A WORLD OF CREATIVITY: Some activities you can do or enjoy  at home from around the globe.

 

  • MOMA in NYC is offering several free courses on Coursera ranging from Postwar Abstract Painting to Fashion as Design.
  • The National Public Radio’s popular concert series “Tiny Desk” has evolved during quarantine, transitioning from concerts of small audiences filmed in NPR’s Washington D.C. offices to concerts filmed from artist’s tiny desks at their own homes. These “Tiny Desk (Home) Concerts” feature artists including Michael McDonald, Margo Price, and pianist Lang Lang, along with new videos of unreleased Tiny Desk shows filmed pre-pandemic. The annual Tiny Desk Contest, which awards smaller artists with the chance to perform their own Tiny Desk show, has also evolved due to COVID-19 and will accept video entries similarly filmed from the artist’s homes.
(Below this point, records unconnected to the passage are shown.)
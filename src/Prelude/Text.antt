-- ===== src/Prelude/Text.antt =====
-- The methods of Python's `str` that the program uses. A text is its code points.
use Prim.Native.Nat.{ℕ, suc}
use Prim.Native.Char.{code}
use Prim.Native.String.{String, [], ◌∷◌}
use mathlib.Core.Path.{◌≡◌, refl}
use native.Mathlib.Omega.{arith}
use mathlib.Core.Bool.{Bool, true, false, ◌&&◌, ◌||◌}
use mathlib.Core.List.{List}
use ehf_applications.Prelude.Tests.{leb, ltb, if◌then◌else◌}
use ehf_applications.Prelude.Equality.{◌==◌, nat_eq}

-- str.isspace at one code point
unfoldable pub is_space : ℕ → Bool
is_space c =
    leb 9 c && leb c 13
    || leb 28 c && leb c 32
    || c == 0x85
    || c == 0xa0
    || c == 0x1680
    || leb 0x2000 c && leb c 0x200a
    || c == 0x2028
    || c == 0x2029
    || c == 0x202f
    || c == 0x205f
    || c == 0x3000

-- not value
abbrev pub is_empty : String → Bool
is_empty [] = true
is_empty (c ∷ s) = false

unfoldable pub lstrip : String → String
unfolding is_space
lstrip [] = []
lstrip (c ∷ s) = if is_space (code c) then lstrip s else c ∷ s

unfoldable pub rstrip : String → String
unfolding is_space
rstrip [] = []
rstrip (c ∷ s) = let r = rstrip s in if is_empty r && is_space (code c) then [] else c ∷ r

unfoldable pub strip : String → String
unfolding lstrip rstrip
strip s = rstrip (lstrip s)

-- not value.strip()
unfoldable pub is_blank : String → Bool
unfolding strip
is_blank s = is_empty (strip s)

abbrev pub is_prefix : String → String → Bool
is_prefix [] s = true
is_prefix (c ∷ p) [] = false
is_prefix (c ∷ p) (d ∷ s) = code c == code d && is_prefix p s

-- part in value
unfoldable pub contains : String → String → Bool
contains p [] = is_empty p
contains p (c ∷ s) = is_prefix p (c ∷ s) || contains p s

-- len(value)
unfoldable pub text_length : String → ℕ
text_length [] = 0
text_length (c ∷ s) = suc (text_length s)

-- every code point of the value passes the test
unfoldable pub all_chars : (ℕ → Bool) → String → Bool
all_chars p [] = true
all_chars p (c ∷ s) = p (code c) && all_chars p s

-- value.rstrip(c)
unfoldable pub rstrip_char : ℕ → String → String
rstrip_char x [] = []
rstrip_char x (c ∷ s) = let r = rstrip_char x s in if is_empty r && code c == x then [] else c ∷ r

-- the concatenation of two texts
unfoldable pub joined : String → String → String
joined [] t = t
joined (c ∷ s) t = c ∷ joined s t

-- x <= y on texts
unfoldable pub text_leb : String → String → Bool
text_leb [] t = true
text_leb (c ∷ s) [] = false
text_leb (c ∷ s) (d ∷ t) = if ltb (code c) (code d) then true else code c == code d && text_leb s t

pub text_leb_total : (s t : String) → text_leb s t ≡ false → text_leb t s ≡ true
unfolding text_leb
text_leb_total [] t h = ground arith
text_leb_total (c ∷ s) [] h = refl
text_leb_total (c ∷ s) (d ∷ t) h = ground (arith, text_leb_total s t)

-- "".join(parts)
unfoldable pub join : List String → String
unfolding joined
join List.[] = []
join (List.◌∷◌ s ss) = joined s (join ss)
  • Darren McGrady, who worked as a chef at Buckingham Palace and Kensington Palace for  Queen Elizabeth and Princess Diana for 11 years, has started a YouTube channel to provide quarantine cooking classes. He claims the recipes he features in the series are some of the Royals’ favorite foods, including Queen Elizabeth’s favorite scones and Prince William and Harry’s favorite peanut butter and jelly muffins. While the recipes look delicious, his sweet commentary while he cooks and stories about the Royals make the videos that much more enjoyable.
  • Click here to watch a virtual tour of the New York Botanical Garden’s Orchid Show “Jeff Leatham’s Kaleidoscope.” The Garden’s Director of Glasshouse Collections and Senior Orchid Curator, Marc Hachadourian, provides a twenty-minute tour of the exhibit with shots of the plants from all angles. Throughout the tour, Hachadourian shares facts about the artist’s inspiration as well as information about the orchids themselves.
  • London’s Courtald Institute is offering free virtual tours. The virtual tour uses a new photographic technique to show The Courtauld Gallery in exceptional close-up quality. You can roam each room of the Gallery, as it was before it temporarily closed in September 2018, and zoom in to look closely at masterpieces from our collection such as Vincent van Gogh’s Self-Portrait with Bandaged Ear or Édouard Manet’s A Bar at the Folies-Bergère, from individual brush strokes to the texture of the paint.
  • Chicago’s Music Box Theater is offering streaming of art house films to help supplement its lost income. Choose from a selection of 9 movies to help support this storied theater.
  • London’s National Theatre at Home launched on YouTube on April 2, and now, every Thursday (7pm BST/2pm EST) sees a new National Theatre play released – free to watch for one week – along with bonus content including cast and creative Q&As and post-stream talks.
  • The Smithsonian is offering open access to millions of digital items from its collections (2.8 million at February 2020 launch). They have released these images and data into the public domain as Creative Commons Zero (CC0), meaning you can use, transform, and share our open access assets without asking permission from the Smithsonian.
  • Newly-launched Viking TV is offering “At Home At Highclere Castle”. Every Friday at 1PM CST, The Countess of Carnarvon live streams from Highclere Castle, where hit TV series Downton Abbey was filmed.